[Exercise]: Reply with one number, the count of lines below that contain the string "zero".
==== Provided records
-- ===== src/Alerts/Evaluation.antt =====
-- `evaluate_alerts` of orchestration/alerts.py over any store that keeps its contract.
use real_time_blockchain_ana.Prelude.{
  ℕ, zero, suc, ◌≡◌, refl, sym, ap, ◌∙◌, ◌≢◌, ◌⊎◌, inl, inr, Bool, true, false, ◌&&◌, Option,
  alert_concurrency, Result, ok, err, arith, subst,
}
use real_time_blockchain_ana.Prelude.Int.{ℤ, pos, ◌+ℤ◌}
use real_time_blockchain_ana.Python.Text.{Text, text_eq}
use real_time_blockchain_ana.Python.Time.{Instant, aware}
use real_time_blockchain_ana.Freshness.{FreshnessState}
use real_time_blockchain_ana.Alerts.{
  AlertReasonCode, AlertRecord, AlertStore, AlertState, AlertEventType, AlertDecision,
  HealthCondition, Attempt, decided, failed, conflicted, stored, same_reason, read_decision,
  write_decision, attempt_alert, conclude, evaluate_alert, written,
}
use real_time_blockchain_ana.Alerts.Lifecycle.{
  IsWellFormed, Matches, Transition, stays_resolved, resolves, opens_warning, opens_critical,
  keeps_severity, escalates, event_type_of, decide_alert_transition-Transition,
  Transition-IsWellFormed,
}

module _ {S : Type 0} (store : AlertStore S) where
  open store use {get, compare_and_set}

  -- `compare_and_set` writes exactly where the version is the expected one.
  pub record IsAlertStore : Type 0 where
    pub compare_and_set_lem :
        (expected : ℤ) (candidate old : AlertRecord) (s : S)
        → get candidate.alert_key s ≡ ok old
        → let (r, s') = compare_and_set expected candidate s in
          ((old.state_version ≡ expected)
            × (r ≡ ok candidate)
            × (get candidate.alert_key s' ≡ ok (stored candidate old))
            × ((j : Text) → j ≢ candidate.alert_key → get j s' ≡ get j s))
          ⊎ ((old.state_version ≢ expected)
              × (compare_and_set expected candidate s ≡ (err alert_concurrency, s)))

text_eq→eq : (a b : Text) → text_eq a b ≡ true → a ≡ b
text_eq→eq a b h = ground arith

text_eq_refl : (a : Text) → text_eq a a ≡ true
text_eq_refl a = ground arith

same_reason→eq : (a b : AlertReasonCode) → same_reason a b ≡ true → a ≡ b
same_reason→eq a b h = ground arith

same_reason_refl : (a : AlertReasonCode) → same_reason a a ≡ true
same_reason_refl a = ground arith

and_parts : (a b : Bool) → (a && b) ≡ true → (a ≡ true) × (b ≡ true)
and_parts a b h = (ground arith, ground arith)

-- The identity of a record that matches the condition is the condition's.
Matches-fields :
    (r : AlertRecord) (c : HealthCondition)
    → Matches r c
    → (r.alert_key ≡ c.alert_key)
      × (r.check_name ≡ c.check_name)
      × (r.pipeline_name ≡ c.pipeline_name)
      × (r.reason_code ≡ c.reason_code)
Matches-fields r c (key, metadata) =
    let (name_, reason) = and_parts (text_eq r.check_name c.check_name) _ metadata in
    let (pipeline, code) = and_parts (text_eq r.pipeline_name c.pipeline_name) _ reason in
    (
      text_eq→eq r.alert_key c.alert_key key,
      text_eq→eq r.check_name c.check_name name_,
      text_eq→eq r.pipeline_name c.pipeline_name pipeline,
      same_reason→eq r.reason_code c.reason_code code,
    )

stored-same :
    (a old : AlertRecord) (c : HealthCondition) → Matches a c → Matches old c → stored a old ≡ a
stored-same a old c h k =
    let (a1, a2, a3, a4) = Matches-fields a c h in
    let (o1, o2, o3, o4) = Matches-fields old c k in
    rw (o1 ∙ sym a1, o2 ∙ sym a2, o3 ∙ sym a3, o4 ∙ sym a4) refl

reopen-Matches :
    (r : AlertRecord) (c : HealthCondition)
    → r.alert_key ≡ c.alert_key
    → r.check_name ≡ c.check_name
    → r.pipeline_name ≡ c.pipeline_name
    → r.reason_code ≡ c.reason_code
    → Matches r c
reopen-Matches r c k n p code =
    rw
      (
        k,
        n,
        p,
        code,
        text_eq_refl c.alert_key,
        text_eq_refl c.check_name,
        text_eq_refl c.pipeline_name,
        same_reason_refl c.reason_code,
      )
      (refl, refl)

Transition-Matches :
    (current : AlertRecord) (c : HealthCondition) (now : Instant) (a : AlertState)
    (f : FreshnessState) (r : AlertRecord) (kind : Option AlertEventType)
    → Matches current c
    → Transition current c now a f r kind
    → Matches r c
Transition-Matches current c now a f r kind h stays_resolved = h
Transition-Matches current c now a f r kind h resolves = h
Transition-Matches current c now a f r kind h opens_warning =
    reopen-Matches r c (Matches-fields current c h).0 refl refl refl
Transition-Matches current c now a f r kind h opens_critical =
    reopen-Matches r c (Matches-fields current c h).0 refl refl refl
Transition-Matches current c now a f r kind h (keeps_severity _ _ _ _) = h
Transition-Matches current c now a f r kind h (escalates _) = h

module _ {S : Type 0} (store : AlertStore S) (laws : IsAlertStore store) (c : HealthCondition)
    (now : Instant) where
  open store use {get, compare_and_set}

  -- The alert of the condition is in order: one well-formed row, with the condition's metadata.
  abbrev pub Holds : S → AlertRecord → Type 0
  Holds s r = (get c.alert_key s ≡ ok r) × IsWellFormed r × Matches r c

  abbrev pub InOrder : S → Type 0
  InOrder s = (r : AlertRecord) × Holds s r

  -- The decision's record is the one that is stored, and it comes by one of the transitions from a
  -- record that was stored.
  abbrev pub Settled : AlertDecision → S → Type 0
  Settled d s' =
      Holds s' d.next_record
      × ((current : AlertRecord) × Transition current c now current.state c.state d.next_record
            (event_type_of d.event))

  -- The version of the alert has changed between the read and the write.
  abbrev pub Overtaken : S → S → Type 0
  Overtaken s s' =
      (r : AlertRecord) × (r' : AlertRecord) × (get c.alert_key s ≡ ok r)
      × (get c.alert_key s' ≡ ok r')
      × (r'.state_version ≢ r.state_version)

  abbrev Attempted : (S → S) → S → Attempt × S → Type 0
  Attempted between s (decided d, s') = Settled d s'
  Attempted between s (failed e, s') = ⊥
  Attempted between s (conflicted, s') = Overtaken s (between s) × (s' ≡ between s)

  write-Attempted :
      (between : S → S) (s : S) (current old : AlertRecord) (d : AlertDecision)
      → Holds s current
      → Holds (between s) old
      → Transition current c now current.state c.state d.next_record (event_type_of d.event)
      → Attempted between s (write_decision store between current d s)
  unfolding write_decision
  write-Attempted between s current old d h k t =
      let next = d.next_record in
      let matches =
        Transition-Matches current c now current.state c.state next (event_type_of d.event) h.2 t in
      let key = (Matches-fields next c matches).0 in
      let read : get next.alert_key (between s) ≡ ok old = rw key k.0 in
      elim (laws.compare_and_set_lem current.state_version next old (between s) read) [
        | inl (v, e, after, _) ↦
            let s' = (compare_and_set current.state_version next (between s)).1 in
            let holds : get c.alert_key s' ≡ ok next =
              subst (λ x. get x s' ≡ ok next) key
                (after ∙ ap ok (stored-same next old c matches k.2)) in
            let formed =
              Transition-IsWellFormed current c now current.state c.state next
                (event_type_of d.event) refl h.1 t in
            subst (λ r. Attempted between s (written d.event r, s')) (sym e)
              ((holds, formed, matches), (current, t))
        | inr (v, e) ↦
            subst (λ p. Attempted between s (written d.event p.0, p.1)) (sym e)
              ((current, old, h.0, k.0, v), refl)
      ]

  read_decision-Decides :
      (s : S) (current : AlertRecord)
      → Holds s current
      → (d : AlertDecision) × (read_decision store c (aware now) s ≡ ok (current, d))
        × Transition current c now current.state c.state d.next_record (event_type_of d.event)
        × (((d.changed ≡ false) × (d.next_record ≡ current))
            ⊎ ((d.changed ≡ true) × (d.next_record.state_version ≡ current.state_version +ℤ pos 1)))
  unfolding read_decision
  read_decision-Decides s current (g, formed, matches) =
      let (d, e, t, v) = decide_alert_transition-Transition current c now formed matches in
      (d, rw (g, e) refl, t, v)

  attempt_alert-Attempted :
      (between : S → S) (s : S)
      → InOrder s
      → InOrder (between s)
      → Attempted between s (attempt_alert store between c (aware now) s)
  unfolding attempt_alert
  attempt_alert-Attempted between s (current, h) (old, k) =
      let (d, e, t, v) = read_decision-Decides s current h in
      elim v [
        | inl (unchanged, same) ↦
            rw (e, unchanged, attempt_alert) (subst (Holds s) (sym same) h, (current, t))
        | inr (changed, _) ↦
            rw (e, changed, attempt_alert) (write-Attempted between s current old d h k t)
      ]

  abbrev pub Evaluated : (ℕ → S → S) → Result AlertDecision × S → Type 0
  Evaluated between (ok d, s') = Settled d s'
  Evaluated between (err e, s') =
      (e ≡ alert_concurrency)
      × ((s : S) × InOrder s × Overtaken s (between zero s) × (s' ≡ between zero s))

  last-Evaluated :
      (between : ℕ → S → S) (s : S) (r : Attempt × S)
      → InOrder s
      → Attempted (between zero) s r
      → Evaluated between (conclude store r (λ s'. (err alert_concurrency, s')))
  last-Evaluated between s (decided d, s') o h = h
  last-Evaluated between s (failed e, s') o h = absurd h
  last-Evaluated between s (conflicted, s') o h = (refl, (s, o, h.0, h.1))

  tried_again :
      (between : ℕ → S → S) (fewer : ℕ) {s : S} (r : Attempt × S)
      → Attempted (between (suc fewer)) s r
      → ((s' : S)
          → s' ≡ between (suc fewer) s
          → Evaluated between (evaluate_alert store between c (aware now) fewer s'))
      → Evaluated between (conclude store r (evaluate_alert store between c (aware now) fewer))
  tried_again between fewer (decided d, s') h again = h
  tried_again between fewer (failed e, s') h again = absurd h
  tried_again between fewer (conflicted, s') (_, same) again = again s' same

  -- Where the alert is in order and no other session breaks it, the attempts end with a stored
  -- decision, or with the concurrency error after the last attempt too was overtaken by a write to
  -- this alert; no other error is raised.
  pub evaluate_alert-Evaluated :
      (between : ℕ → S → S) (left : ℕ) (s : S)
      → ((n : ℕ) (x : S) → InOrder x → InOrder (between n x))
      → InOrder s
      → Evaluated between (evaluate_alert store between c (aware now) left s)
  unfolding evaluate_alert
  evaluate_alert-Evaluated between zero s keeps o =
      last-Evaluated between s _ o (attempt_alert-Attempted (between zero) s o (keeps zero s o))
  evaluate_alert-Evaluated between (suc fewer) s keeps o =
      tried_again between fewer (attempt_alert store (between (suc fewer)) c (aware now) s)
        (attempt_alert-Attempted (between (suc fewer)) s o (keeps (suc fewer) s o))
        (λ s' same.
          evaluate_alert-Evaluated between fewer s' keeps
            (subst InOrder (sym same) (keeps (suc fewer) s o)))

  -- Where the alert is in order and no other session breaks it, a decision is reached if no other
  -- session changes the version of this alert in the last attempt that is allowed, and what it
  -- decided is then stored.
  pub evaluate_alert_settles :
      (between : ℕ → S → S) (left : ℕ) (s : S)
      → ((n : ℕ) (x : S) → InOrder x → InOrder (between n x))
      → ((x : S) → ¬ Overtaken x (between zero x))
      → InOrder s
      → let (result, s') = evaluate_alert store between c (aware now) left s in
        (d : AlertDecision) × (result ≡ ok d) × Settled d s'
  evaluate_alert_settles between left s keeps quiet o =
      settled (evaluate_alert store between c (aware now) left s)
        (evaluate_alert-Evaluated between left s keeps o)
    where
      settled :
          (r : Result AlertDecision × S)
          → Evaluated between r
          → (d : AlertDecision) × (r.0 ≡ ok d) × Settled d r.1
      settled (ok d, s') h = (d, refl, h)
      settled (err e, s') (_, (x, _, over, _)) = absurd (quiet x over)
========
[The completed task]: 6